If a line in the entries below contains "exactly", copy it.

Top of DATA FOR THIS EXERCISE

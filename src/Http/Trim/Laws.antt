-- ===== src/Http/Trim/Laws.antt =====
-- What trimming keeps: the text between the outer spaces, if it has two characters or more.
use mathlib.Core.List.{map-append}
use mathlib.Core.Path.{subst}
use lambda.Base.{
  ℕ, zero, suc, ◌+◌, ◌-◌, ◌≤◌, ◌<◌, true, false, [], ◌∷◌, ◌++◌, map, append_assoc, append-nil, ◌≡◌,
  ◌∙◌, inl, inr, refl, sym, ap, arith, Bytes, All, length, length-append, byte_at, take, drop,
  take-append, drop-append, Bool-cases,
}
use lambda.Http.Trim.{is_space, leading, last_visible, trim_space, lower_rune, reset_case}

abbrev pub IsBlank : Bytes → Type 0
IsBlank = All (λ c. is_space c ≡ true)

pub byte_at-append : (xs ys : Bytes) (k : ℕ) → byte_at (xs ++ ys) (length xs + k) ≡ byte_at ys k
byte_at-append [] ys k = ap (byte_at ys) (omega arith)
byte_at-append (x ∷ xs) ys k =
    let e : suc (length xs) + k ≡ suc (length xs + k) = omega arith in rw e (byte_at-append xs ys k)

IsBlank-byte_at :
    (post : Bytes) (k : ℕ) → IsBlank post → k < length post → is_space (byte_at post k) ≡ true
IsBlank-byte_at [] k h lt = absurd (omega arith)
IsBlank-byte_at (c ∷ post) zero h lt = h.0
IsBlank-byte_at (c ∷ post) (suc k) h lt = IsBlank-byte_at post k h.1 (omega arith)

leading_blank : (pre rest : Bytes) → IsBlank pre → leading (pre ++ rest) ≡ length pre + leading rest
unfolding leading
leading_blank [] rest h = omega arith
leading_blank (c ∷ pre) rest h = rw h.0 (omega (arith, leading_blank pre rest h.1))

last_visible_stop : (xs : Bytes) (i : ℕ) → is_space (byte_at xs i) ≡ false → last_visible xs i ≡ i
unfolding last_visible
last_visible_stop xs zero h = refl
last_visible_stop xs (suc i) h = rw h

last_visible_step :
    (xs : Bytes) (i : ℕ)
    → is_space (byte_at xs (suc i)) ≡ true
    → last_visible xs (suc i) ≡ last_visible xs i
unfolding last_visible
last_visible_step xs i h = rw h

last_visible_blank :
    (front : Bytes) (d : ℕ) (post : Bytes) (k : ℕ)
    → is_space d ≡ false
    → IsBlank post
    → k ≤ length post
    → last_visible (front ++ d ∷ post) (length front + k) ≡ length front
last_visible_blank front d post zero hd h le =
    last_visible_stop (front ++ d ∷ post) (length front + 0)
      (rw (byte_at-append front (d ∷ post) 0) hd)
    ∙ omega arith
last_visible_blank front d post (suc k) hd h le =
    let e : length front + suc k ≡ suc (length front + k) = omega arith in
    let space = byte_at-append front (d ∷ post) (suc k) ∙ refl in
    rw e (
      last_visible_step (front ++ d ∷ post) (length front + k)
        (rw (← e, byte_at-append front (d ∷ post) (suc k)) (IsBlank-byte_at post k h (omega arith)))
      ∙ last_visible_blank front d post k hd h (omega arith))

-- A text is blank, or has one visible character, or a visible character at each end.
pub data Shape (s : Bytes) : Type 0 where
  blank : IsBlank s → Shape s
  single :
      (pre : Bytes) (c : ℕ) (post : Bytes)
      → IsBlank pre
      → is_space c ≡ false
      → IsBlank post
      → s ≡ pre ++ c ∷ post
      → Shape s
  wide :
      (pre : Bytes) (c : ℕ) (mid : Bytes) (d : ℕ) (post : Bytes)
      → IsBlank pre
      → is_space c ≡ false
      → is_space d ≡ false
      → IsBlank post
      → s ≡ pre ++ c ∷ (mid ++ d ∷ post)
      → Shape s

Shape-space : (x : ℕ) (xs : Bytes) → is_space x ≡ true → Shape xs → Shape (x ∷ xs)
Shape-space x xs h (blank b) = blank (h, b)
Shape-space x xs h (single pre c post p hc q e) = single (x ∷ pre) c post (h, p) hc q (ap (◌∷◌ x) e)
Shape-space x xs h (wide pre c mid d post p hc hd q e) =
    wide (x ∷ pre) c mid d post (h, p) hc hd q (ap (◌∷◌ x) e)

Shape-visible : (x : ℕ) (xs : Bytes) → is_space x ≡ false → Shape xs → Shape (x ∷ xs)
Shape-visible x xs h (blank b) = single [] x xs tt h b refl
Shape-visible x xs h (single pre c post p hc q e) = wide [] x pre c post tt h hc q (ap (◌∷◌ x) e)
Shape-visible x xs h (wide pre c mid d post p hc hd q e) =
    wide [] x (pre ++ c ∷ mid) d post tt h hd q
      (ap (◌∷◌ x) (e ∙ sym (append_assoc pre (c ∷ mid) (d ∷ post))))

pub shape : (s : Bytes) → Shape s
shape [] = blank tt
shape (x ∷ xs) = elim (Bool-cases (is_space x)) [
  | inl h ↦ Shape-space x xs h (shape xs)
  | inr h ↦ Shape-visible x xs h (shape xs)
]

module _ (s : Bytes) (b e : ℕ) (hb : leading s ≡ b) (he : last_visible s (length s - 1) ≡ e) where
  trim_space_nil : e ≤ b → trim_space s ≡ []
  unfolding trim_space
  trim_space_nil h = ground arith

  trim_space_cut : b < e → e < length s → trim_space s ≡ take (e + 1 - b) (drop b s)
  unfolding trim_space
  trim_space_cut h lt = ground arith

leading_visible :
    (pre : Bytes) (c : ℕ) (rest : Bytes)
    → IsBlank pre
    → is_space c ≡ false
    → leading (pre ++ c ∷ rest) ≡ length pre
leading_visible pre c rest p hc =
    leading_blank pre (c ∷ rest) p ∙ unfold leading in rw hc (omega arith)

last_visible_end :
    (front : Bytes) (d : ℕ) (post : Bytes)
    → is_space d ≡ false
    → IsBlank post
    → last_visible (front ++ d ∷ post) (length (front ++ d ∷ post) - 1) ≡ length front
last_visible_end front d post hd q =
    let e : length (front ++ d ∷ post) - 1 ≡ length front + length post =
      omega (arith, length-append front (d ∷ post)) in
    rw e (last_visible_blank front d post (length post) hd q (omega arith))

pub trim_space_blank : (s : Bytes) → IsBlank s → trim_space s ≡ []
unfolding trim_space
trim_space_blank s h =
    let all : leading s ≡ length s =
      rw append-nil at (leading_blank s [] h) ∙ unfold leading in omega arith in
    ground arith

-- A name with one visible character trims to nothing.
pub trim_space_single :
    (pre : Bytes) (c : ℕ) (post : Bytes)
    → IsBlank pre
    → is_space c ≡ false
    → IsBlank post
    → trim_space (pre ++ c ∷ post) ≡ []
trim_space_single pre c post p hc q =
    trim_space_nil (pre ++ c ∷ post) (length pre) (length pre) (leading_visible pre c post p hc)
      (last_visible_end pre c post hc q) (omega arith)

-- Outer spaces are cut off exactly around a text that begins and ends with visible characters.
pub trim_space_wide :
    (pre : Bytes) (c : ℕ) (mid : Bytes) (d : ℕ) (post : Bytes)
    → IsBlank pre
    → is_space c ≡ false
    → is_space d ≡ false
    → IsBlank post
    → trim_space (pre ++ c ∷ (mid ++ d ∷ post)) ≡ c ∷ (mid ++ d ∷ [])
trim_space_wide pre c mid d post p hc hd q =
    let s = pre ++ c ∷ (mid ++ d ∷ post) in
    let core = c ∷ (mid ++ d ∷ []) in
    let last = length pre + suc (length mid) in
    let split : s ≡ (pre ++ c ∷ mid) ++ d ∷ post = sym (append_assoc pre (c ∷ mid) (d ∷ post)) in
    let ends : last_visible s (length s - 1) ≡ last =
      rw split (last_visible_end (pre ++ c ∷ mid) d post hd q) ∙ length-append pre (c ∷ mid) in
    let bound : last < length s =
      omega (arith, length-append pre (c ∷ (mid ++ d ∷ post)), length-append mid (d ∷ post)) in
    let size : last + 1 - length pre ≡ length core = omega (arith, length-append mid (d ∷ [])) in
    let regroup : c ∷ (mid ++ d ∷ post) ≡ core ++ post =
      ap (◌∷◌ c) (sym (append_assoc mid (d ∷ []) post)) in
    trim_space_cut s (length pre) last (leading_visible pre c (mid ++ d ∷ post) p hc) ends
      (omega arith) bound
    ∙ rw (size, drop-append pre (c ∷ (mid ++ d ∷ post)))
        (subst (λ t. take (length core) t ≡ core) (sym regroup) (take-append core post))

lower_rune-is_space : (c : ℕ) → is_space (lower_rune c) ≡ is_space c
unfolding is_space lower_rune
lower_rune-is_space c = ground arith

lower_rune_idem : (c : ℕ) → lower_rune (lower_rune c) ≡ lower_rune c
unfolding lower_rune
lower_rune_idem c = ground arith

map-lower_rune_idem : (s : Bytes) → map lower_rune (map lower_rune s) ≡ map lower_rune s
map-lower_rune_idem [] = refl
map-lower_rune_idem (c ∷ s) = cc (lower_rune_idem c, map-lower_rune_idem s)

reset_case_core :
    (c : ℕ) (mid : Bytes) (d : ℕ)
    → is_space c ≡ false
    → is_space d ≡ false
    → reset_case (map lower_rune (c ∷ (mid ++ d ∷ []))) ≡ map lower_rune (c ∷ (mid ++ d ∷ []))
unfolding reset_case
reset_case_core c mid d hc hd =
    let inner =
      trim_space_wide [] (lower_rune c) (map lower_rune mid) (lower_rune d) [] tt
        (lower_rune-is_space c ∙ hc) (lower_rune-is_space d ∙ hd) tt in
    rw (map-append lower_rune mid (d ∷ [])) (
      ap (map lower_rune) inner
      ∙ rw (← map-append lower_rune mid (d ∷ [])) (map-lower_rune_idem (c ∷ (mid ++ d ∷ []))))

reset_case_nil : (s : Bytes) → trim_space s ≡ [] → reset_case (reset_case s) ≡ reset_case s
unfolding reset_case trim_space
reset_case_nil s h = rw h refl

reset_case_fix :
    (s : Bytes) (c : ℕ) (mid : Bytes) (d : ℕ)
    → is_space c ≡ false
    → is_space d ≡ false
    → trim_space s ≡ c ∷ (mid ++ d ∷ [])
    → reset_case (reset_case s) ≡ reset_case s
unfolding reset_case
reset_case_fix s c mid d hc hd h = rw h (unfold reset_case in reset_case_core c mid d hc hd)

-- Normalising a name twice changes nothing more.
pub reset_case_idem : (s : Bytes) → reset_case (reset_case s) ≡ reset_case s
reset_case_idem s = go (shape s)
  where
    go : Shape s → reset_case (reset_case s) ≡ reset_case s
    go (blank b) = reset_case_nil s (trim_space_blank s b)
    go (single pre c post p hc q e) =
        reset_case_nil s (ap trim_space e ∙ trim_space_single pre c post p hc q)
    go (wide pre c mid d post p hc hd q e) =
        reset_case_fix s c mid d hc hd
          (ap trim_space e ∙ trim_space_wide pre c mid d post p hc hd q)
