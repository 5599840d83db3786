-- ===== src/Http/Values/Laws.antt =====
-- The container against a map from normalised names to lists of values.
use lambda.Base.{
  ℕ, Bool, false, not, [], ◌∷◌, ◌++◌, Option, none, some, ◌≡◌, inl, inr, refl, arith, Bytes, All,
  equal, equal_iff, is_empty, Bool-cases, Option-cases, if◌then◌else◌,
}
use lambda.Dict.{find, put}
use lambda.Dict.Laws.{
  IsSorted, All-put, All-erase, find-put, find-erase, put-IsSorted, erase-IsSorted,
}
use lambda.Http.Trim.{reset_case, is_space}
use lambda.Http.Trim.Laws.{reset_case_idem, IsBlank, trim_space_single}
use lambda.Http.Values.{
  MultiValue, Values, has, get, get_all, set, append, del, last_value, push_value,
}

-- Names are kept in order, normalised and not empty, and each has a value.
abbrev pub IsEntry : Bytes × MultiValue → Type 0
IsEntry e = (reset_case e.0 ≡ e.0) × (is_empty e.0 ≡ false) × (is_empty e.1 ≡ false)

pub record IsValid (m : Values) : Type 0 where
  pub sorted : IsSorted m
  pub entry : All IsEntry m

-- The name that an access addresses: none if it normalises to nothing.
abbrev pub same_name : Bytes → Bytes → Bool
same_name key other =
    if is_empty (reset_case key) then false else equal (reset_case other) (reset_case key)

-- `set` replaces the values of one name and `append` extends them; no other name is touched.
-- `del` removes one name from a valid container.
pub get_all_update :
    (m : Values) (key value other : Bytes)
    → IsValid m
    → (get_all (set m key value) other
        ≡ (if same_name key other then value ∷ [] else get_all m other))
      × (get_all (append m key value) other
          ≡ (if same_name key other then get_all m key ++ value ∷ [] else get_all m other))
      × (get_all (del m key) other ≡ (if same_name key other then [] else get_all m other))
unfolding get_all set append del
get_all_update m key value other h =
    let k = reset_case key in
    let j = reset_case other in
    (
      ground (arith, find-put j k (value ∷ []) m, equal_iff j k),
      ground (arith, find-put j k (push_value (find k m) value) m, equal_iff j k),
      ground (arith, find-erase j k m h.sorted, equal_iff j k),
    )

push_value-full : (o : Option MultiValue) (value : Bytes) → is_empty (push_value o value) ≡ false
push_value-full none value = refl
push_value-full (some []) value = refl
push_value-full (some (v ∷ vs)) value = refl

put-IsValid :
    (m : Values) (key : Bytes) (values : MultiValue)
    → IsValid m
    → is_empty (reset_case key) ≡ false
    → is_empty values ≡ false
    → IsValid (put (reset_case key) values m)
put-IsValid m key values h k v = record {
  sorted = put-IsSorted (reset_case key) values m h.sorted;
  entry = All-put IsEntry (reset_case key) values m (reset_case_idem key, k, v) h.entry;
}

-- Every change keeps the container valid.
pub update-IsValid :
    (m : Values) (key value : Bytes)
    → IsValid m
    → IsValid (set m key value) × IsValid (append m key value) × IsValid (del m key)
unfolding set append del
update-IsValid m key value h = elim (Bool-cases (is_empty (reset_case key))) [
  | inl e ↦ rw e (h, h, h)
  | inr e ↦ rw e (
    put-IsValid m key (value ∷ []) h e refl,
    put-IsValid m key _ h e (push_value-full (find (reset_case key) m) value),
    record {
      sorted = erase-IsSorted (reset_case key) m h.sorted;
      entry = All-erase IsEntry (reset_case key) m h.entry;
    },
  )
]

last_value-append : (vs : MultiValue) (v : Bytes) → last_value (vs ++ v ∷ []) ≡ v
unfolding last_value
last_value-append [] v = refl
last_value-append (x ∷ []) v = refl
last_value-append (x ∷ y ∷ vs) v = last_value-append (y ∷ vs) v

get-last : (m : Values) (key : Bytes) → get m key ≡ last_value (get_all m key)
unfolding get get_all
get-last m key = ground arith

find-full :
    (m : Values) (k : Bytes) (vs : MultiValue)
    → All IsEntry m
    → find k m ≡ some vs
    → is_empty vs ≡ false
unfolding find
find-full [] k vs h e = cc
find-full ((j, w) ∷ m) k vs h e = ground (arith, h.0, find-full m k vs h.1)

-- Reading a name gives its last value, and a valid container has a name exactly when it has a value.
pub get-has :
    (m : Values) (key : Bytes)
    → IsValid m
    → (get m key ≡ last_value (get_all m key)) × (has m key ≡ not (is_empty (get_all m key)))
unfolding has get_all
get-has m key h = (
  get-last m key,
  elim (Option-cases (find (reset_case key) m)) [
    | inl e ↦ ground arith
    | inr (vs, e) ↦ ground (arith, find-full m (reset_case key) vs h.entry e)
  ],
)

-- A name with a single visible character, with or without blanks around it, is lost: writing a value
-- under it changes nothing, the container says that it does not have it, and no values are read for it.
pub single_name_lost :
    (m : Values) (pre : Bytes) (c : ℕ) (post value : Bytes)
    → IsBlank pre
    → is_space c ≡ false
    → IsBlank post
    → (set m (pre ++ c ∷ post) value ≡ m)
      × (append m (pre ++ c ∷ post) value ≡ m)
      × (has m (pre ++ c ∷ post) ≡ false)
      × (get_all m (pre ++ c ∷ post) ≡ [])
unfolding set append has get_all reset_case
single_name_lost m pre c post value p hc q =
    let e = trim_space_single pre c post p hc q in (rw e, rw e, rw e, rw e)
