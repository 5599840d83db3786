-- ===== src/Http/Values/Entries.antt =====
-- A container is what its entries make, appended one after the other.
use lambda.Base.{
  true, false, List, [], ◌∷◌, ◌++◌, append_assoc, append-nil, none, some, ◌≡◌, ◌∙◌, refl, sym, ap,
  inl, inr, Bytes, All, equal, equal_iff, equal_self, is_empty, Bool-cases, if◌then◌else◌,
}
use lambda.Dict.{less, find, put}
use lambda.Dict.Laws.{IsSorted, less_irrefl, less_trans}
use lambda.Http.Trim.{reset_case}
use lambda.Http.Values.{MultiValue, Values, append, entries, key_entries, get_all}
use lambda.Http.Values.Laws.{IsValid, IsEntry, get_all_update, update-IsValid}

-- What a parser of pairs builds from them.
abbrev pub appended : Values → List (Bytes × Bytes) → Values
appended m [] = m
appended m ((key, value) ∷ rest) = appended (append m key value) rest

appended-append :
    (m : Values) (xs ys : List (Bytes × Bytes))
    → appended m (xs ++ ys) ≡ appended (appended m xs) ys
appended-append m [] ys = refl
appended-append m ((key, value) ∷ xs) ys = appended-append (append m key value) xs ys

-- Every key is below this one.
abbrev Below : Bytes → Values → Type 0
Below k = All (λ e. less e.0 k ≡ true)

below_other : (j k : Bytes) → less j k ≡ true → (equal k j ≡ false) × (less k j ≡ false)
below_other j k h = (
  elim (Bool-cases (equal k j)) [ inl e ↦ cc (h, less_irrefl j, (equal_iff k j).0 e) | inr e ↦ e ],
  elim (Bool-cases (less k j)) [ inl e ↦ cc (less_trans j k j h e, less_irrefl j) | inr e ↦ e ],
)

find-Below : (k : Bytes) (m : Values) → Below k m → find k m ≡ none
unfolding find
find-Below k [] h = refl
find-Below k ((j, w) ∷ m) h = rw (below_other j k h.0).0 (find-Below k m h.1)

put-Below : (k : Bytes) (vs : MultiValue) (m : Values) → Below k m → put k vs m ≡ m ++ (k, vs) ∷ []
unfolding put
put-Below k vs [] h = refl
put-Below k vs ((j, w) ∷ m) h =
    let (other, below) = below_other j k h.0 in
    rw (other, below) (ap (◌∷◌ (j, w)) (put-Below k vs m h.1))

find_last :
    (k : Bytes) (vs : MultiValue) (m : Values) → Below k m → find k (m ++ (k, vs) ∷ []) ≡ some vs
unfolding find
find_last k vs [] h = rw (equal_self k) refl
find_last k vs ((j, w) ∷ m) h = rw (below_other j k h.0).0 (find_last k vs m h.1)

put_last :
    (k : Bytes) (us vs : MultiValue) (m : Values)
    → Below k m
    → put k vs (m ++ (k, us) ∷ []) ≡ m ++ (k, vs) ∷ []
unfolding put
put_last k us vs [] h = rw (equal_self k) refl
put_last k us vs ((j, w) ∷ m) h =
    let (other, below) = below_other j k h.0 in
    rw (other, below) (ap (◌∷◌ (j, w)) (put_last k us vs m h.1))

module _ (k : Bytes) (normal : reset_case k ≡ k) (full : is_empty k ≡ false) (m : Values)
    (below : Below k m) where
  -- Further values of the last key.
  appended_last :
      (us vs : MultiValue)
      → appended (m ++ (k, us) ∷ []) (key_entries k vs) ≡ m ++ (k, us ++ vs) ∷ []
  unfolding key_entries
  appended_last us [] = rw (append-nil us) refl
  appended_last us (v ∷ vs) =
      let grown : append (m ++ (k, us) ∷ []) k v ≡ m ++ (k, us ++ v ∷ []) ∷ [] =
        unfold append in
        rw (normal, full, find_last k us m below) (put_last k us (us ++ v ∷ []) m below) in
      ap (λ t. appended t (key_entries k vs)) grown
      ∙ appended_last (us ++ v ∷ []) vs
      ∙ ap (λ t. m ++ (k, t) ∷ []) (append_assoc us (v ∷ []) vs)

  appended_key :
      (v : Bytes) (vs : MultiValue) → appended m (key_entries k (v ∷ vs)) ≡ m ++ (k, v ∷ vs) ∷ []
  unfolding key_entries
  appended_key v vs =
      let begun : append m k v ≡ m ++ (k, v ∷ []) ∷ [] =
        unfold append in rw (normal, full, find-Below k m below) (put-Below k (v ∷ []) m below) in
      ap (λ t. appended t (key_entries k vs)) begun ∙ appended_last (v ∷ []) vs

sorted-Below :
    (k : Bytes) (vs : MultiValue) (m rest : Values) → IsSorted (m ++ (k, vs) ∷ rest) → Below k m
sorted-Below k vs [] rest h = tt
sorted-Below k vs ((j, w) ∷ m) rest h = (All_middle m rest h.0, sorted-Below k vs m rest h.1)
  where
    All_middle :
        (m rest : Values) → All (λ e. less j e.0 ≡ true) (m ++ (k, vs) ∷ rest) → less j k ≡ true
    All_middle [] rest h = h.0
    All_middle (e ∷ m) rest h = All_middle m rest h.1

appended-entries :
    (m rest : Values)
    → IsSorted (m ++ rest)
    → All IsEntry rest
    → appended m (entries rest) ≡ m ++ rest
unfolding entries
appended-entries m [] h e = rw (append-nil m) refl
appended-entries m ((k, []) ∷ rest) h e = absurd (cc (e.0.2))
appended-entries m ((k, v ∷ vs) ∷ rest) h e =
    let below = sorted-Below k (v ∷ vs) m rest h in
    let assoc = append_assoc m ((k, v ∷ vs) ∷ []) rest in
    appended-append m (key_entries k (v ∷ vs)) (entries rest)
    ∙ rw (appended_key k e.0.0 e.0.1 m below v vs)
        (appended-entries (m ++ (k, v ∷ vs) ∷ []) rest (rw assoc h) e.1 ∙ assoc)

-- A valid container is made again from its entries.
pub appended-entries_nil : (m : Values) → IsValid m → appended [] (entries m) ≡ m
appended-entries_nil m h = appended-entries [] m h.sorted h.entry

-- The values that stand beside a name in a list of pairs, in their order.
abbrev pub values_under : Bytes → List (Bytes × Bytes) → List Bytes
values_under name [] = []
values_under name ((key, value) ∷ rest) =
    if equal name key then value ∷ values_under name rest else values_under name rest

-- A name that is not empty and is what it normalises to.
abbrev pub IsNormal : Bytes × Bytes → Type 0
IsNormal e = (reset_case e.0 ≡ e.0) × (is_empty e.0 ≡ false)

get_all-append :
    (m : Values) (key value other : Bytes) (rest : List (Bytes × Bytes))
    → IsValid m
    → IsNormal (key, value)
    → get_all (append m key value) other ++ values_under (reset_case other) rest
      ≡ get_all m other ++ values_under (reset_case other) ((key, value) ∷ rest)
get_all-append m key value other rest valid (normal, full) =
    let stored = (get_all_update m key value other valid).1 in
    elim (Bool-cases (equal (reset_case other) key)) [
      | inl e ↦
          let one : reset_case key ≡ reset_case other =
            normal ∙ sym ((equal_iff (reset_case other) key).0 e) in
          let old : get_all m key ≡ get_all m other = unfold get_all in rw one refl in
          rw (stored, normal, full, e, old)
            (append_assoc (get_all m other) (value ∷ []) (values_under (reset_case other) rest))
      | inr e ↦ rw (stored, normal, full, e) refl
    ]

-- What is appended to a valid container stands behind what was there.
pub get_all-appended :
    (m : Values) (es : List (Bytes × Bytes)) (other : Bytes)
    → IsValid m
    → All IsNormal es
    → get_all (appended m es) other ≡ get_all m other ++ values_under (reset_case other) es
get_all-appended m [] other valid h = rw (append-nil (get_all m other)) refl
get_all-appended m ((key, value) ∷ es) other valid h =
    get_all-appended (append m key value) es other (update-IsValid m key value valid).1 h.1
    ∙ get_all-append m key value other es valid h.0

Bottom of DATA FOR THIS EXERCISE

ANSWER BOX:
-- Outer spaces are cut off exactly around a text that begins and ends with visible characters.
-- Reading a name gives its last value, and a valid container has a name exactly when it has a value.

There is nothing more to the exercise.